*** Opening DATA RECORDS ***

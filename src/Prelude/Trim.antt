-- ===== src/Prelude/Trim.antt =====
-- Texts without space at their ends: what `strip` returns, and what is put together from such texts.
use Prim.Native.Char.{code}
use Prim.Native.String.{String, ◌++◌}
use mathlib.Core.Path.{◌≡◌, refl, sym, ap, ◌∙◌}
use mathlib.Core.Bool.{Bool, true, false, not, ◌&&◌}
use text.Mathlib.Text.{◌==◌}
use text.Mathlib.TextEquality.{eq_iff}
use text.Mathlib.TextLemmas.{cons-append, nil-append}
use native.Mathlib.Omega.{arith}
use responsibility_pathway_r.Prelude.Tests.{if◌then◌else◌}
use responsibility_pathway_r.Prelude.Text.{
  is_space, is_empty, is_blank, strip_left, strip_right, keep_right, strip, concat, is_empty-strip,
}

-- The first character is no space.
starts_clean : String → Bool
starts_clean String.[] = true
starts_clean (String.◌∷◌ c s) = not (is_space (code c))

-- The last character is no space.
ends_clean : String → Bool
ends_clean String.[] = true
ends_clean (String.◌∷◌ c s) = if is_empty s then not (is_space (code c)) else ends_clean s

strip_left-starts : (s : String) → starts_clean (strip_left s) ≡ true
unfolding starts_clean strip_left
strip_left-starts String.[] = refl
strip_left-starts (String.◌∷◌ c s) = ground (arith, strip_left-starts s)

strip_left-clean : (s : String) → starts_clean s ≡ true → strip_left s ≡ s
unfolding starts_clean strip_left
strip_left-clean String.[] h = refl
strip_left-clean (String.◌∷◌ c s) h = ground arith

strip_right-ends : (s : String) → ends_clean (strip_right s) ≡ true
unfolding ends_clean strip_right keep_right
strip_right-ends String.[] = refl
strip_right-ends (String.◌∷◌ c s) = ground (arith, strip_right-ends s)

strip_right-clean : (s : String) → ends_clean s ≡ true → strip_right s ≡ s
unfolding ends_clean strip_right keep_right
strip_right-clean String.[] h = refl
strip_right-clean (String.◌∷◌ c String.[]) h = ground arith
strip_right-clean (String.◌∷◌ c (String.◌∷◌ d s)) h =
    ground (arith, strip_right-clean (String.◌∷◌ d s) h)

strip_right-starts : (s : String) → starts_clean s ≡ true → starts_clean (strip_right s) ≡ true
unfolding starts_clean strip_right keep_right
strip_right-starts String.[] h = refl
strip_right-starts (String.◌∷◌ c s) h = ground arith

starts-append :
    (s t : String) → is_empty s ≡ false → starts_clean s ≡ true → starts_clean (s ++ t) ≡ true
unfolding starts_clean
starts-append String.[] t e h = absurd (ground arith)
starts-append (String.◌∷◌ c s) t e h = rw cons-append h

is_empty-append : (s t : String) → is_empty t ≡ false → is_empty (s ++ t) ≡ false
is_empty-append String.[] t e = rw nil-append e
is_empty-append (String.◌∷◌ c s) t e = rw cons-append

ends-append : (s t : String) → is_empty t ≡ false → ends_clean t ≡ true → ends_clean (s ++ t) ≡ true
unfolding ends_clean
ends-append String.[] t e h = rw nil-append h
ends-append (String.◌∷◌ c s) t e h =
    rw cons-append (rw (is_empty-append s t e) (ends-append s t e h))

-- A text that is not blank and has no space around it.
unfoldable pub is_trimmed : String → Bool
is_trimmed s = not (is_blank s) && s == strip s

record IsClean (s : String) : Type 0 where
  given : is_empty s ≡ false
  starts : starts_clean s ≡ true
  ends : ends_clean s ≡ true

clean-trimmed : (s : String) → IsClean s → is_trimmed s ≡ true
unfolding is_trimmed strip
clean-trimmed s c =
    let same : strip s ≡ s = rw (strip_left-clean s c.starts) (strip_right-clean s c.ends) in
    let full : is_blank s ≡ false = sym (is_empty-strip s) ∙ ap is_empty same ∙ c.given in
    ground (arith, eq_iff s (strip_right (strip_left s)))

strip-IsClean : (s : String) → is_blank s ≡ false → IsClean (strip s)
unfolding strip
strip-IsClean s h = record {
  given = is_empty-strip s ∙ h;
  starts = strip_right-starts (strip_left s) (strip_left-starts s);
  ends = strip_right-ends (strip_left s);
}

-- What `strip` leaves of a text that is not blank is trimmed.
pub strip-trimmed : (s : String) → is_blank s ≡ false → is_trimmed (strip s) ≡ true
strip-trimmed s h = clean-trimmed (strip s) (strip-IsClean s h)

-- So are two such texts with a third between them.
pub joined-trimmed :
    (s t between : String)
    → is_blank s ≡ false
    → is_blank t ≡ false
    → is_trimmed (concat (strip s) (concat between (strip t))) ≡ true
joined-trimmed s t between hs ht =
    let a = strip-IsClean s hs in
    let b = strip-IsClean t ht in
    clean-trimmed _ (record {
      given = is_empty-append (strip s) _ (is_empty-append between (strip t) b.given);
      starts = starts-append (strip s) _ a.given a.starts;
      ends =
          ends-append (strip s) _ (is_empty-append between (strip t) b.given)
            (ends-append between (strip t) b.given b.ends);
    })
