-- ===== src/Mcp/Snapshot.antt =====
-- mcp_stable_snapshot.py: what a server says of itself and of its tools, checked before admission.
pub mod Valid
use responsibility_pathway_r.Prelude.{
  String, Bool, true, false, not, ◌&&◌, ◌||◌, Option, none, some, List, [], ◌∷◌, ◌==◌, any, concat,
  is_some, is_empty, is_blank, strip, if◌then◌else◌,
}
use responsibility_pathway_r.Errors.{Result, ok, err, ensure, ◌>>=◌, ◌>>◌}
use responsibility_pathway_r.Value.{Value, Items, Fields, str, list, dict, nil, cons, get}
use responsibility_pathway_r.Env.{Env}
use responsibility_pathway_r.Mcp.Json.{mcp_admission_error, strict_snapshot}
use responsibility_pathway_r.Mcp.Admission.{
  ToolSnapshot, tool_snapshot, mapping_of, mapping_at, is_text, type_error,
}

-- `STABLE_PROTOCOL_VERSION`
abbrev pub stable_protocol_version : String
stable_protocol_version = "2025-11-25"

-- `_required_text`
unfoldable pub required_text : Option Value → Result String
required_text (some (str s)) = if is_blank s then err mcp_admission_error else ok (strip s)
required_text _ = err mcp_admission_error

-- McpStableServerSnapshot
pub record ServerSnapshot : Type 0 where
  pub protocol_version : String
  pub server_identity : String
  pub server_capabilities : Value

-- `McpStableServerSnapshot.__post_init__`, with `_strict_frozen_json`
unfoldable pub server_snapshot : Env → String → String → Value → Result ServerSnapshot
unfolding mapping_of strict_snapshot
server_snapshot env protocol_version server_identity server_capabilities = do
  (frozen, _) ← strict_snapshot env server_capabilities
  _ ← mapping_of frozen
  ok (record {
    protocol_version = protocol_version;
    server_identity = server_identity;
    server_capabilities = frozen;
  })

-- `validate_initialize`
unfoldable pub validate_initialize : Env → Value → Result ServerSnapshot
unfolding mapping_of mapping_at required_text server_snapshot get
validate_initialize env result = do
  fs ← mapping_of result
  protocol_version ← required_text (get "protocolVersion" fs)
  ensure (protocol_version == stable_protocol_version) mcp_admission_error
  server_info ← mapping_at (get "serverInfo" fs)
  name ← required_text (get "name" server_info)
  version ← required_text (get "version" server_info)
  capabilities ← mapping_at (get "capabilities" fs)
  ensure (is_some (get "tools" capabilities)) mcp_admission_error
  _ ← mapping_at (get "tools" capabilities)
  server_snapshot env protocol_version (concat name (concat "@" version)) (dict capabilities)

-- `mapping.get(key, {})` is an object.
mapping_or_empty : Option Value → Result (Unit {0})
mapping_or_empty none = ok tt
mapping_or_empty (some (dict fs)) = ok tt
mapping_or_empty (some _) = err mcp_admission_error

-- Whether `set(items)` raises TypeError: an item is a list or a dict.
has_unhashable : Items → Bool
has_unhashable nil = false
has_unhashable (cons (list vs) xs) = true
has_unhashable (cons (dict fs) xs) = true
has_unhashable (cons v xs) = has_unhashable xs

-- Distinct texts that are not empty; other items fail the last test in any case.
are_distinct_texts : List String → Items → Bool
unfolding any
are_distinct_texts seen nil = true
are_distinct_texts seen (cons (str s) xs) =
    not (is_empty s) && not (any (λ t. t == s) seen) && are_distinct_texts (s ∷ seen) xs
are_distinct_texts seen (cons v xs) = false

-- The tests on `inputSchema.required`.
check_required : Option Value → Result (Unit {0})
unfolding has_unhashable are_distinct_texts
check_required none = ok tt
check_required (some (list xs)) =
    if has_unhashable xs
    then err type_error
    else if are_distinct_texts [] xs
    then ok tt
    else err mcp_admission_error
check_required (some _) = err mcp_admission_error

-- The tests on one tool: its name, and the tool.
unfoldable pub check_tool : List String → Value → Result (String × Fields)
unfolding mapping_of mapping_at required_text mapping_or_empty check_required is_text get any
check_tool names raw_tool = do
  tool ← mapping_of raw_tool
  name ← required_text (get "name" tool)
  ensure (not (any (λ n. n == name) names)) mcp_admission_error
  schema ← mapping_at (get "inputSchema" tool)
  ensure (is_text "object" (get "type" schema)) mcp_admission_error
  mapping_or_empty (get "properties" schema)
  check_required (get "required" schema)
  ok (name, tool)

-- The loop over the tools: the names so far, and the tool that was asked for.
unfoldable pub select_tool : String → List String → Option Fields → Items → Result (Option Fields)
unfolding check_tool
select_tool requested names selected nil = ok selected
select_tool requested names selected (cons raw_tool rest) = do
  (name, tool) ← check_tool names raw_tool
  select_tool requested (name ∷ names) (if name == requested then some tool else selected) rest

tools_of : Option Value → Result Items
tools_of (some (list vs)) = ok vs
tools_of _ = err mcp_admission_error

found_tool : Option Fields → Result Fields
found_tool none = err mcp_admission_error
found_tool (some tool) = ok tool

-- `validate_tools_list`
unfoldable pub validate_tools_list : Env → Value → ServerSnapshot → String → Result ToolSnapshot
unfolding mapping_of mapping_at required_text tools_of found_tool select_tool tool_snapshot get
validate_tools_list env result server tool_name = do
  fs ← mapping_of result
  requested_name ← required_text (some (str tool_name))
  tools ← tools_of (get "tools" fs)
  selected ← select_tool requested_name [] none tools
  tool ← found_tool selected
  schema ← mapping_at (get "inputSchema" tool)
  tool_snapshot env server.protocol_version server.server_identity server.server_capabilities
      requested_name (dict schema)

*** Closing DATA RECORDS ***

The response must hold only the lines above from the line with "mapping_or_empty (some _)" through the line with "-- The tests on one", each copied exactly, both ends kept.

**SOLVED EXERCISE:**
mapping_or_empty (some _) = err mcp_admission_error

-- Whether `set(items)` raises TypeError: an item is a list or a dict.
has_unhashable : Items → Bool
has_unhashable nil = false
has_unhashable (cons (list vs) xs) = true
has_unhashable (cons (dict fs) xs) = true
has_unhashable (cons v xs) = has_unhashable xs

-- Distinct texts that are not empty; other items fail the last test in any case.
are_distinct_texts : List String → Items → Bool
unfolding any
are_distinct_texts seen nil = true
are_distinct_texts seen (cons (str s) xs) =
    not (is_empty s) && not (any (λ t. t == s) seen) && are_distinct_texts (s ∷ seen) xs
are_distinct_texts seen (cons v xs) = false

-- The tests on `inputSchema.required`.
check_required : Option Value → Result (Unit {0})
unfolding has_unhashable are_distinct_texts
check_required none = ok tt
check_required (some (list xs)) =
    if has_unhashable xs
    then err type_error
    else if are_distinct_texts [] xs
    then ok tt
    else err mcp_admission_error
check_required (some _) = err mcp_admission_error

-- The tests on one tool: its name, and the tool.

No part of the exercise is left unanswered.